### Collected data
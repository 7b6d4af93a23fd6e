-- ===== src/Tests/Instances.antt =====
-- Concrete functions for the macros of PostgreSQL, for the compressors and the enclave, and for the
-- numbers that a datum stands for.
use mathlib.Core.Bool.{false≢true}
use mathlib.Core.Path.{subst}
use postgres_vectorization_t.Aggregates.Int64.{IsInt32}
use postgres_vectorization_t.Aggregates.Types.{Numbers}
use postgres_vectorization_t.Compression.External.{AreLossless, Libraries}
use postgres_vectorization_t.Prelude.{
  Bool-cases, Bytes, Option, [], ap, arith, drop, false, if◌then◌else◌, inl, inr, leb, leb→le,
  length, le→leb, ltb, none, refl, some, suc, sym, take, take-length-append, true, zero, ℕ, ◌%◌,
  ◌*◌, ◌++◌, ◌+◌, ◌/◌, ◌<◌, ◌==◌, ◌^◌, ◌∙◌, ◌∷◌, ◌≡◌, ◌≤◌,
}
use postgres_vectorization_t.Prelude.Int.{ltb_ℤ, negsuc, pos, ℤ, ◌+ℤ◌}
use postgres_vectorization_t.Tupmacs.{Tupmacs}
use postgres_vectorization_t.Types.{Attribute}

-- The length of a value: the attribute's, or for a value of varying length its first byte.
abbrev sized : ℤ → Bytes → ℕ
sized (pos (suc k)) b = suc k
sized _ [] = 0
sized _ (x ∷ b) = x

-- The offset behind a value.
abbrev extend : ℕ → ℤ → Bytes → ℕ
extend zero l b = sized l b
extend (suc n) l b = suc n + sized l b

pub extend_add : (n : ℕ) (l : ℤ) (b : Bytes) → extend n l b ≡ n + extend 0 l b
extend_add zero l b = omega arith
extend_add (suc n) l b = refl

-- Alignment `i` is 4 bytes, every other one byte.
abbrev align : ℕ → ℕ → ℕ
align n c = if c == 105 then (n + 3) / 4 * 4 else n

-- The first `n` bytes, with zeros past the end.
abbrev padded : Bytes → ℕ → Bytes
padded b zero = []
padded [] (suc n) = 0 ∷ padded [] n
padded (x ∷ b) (suc n) = x ∷ padded b n

pub length-padded : (b : Bytes) (n : ℕ) → length (padded b n) ≡ n
length-padded b zero = refl
length-padded [] (suc n) = ap suc (length-padded [] n)
length-padded (x ∷ b) (suc n) = ap suc (length-padded b n)

padded_all : (b : Bytes) → padded b (length b) ≡ b
padded_all [] = refl
padded_all (x ∷ b) = ap (λ t. x ∷ t) (padded_all b)

-- A value of a type: as many bytes as its length says, and of a fixed length if it is passed by
-- value.
pub record IsSized (a : Attribute) (b : Bytes) : Type 0 where
  pub size : sized a.attlen b ≡ length b
  pub nonempty : 0 < length b
  pub short : length b < 2 ^ 30
  pub fixed : a.attbyval ≡ true → ltb_ℤ (pos 0) a.attlen ≡ true

sized-append : (l : ℤ) (b rest : Bytes) → 0 < length b → sized l (b ++ rest) ≡ sized l b
sized-append l [] rest h = absurd (omega (arith, h))
sized-append (pos (suc k)) (x ∷ b) rest h = refl
sized-append (pos zero) (x ∷ b) rest h = refl
sized-append (negsuc k) (x ∷ b) rest h = refl

pub padded-sized : (a : Attribute) (b : Bytes) → IsSized a b → padded b (sized a.attlen b) ≡ b
padded-sized a b h = ap (padded b) h.size ∙ padded_all b

pub sized_whole :
    (a : Attribute) (b rest : Bytes) → IsSized a b → sized a.attlen (b ++ rest) ≡ sized a.attlen b
sized_whole a b rest h = sized-append a.attlen b rest h.nonempty

pub fetched :
    (a : Attribute) (b rest : Bytes)
    → IsSized a b
    → take (sized a.attlen (b ++ rest)) (b ++ rest) ≡ b
fetched a b rest h =
    ap (λ n. take n (b ++ rest)) (sized_whole a b rest h ∙ h.size) ∙ take-length-append b rest

pub align_zero_lem : (c : ℕ) → align 0 c ≡ 0
align_zero_lem c = ground arith

pub align_le_lem : (n c : ℕ) → n ≤ align n c
align_le_lem n c = ground arith

pub align_again_lem : (n c : ℕ) → align (align n c) c ≡ align n c
align_again_lem n c = ground arith

pub align_add_lem : (n m c : ℕ) → align n c ≡ n → align (n + m) c ≡ n + align m c
align_add_lem n m c h = ground arith

pub aligned_short :
    (a : Attribute) (b : Bytes) → IsSized a b → align (extend 0 a.attlen b) a.attalign < 2 ^ 31
aligned_short a b h = ground (arith, h.size, h.short)

abbrev pub macros : Tupmacs
macros = record {
  Datum = Bytes;
  zero_datum = [];
  att_addlength_datum = extend;
  att_addlength_pointer = extend;
  att_align_nominal = align;
  store_att_byval = λ d l. d;
  fetch_att = λ b byval l. take (sized l b) b;
  bytes_at = padded;
  pointer_to = λ b. b;
  IsValueOf = IsSized;
  addlength_datum_add = extend_add;
  addlength_pointer_add = extend_add;
  addlength_fixed = λ k d. refl;
  byval_fixed = λ a d h e. h.fixed e;
  value_short = aligned_short;
  align_zero = align_zero_lem;
  align_le = align_le_lem;
  align_again = align_again_lem;
  align_add = align_add_lem;
  length-bytes_at = length-padded;
  length-store_att_byval = λ a d h e. sym h.size;
  fetch-store_att_byval = λ a d rest h e.
      subst (λ v. take (sized a.attlen (d ++ rest)) (d ++ rest) ≡ d) e (fetched a d rest h);
  fetch-bytes_at = λ a d rest h e.
      subst (λ b. take (sized a.attlen (b ++ rest)) (b ++ rest) ≡ d) (sym (padded-sized a d h))
        (fetched a d rest h);
  addlength-store_att_byval = λ a d rest h e. sized_whole a d rest h;
  addlength-bytes_at = λ a d rest h e.
      subst (λ b. sized a.attlen (b ++ rest) ≡ sized a.attlen d) (sym (padded-sized a d h))
        (sized_whole a d rest h);
  pointer_to-bytes_at = λ a d h e. padded-sized a d h;
}

-- Attributes: a four byte integer, and a value of varying length.
abbrev pub int4_column : Attribute
int4_column = record { attbyval = true; attlen = pos 4; attalign = 105 }

abbrev pub text_column : Attribute
text_column = record { attbyval = false; attlen = negsuc 0; attalign = 99 }

abbrev pub seven : Bytes
seven = 7 ∷ 0 ∷ 0 ∷ 0 ∷ []

abbrev pub nine : Bytes
nine = 9 ∷ 0 ∷ 0 ∷ 0 ∷ []

abbrev pub word : Bytes
word = 3 ∷ 104 ∷ 105 ∷ []

pub seven-IsSized : IsSized int4_column seven
seven-IsSized = record {
  size = refl;
  nonempty = omega arith;
  short = omega arith;
  fixed = λ e. refl;
}

pub nine-IsSized : IsSized int4_column nine
nine-IsSized = record {
  size = refl;
  nonempty = omega arith;
  short = omega arith;
  fixed = λ e. refl;
}

pub word-IsSized : IsSized text_column word
word-IsSized = record {
  size = refl;
  nonempty = omega arith;
  short = omega arith;
  fixed = λ e. absurd (false≢true e);
}

-- Compressors: one that puts a byte in front of a long buffer and declines a short one, and one
-- that copies. The enclave copies too.
abbrev copy_within : Bytes → ℕ → Bytes
copy_within b capacity = if leb (length b) capacity then b else []

copy_within_whole :
    (b : Bytes) (capacity n : ℕ)
    → 0 < length (copy_within b capacity)
    → length b ≤ n
    → (if leb (length (copy_within b capacity)) n then some (copy_within b capacity) else none)
      ≡ some b
copy_within_whole b capacity n h k = elim (Bool-cases (leb (length b) capacity)) [
  | inl e ↦ let fits : leb (length b) n ≡ true = le→leb _ _ k in simp (e, fits)
  | inr e ↦
      let none_written : length (copy_within b capacity) ≡ 0 = simp e in
      absurd (omega (arith, h, none_written))
]

abbrev put_mark : Bytes → Option Bytes
put_mark b = if ltb 2 (length b) then some (0 ∷ b) else none

put_mark-some : (b c : Bytes) → put_mark b ≡ some c → c ≡ 0 ∷ b
put_mark-some b c e = elim (Bool-cases (ltb 2 (length b))) [
  | inl long ↦ let marked : put_mark b ≡ some (0 ∷ b) = rw long in cc
  | inr short ↦ let declined : put_mark b ≡ none = rw short in cc
]

abbrev pub copiers : Libraries
copiers = record {
  pglz_compress = put_mark;
  varsize = λ c. length c;
  pglz_decompress = λ c. drop 1 c;
  lz4_compress_default = copy_within;
  lz4_compress_bound = λ n. n;
  lz4_decompress_safe = λ c n. if leb (length c) n then some c else none;
  maxlen = λ n. n + 1024;
  from_base64 = λ b. none;
  enc_text_compress_n_encrypt = λ b. (pos (16 * length b), b);
  enc_text_decrypt_n_decompress = λ b. (pos (16 * length b), b);
  enc_text_decrypt = λ b capacity. (pos (16 * length b), take capacity b);
  sgx_raises = λ n. ltb 0 n;
}

pub copiers-AreLossless : AreLossless copiers
copiers-AreLossless = record {
  pglz_size = λ b c e. refl;
  pglz_lossless = λ b c e. ap (drop 1) (put_mark-some b c e);
  lz4_lossless = copy_within_whole;
  lz4_within = λ b capacity. copy_within_short b capacity;
  lz4_bound = λ n h. omega arith;
}
  where
    copy_within_short : (b : Bytes) (capacity : ℕ) → length (copy_within b capacity) ≤ capacity
    copy_within_short b capacity = elim (Bool-cases (leb (length b) capacity)) [
      | inl e ↦ rw e (leb→le _ _ e)
      | inr e ↦ rw e (omega arith)
    ]

-- A datum's first byte as its number.
abbrev number : Bytes → ℤ
number [] = pos 0
number (x ∷ b) = pos (x % 2 ^ 31)

pub number-IsInt32 : (b : Bytes) → IsInt32 (number b)
number-IsInt32 [] = ground arith
number-IsInt32 (x ∷ b) = ground arith

abbrev pub numbers : Numbers Bytes
numbers = record {
  Numeric = ℤ;
  Float4 = ℕ;
  Float8 = ℕ;
  datum_get_int32 = number;
  datum_get_int64 = number;
  datum_get_float4 = λ b. length b;
  datum_get_float8 = λ b. length b;
  int8_numeric = λ z. z;
  numeric_add = ◌+ℤ◌;
  numeric_inc = λ z. z +ℤ pos 1;
  float4_zero = 0;
  float8_zero = 0;
  float8_one = 1;
  add_float4 = ◌+◌;
  add_float8 = ◌+◌;
  float4_to_float8 = λ x. x;
  int32_bounds = number-IsInt32;
}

### PROBLEM REQUIREMENTS
Wherever a line in the records contains the word "append", copy that line.

### ANSWER TO THIS EXERCISE
  length, le→leb, ltb, none, refl, some, suc, sym, take, take-length-append, true, zero, ℕ, ◌%◌,
sized-append : (l : ℤ) (b rest : Bytes) → 0 < length b → sized l (b ++ rest) ≡ sized l b
sized-append l [] rest h = absurd (omega (arith, h))
sized-append (pos (suc k)) (x ∷ b) rest h = refl
sized-append (pos zero) (x ∷ b) rest h = refl
sized-append (negsuc k) (x ∷ b) rest h = refl
sized_whole a b rest h = sized-append a.attlen b rest h.nonempty
    ap (λ n. take n (b ++ rest)) (sized_whole a b rest h ∙ h.size) ∙ take-length-append b rest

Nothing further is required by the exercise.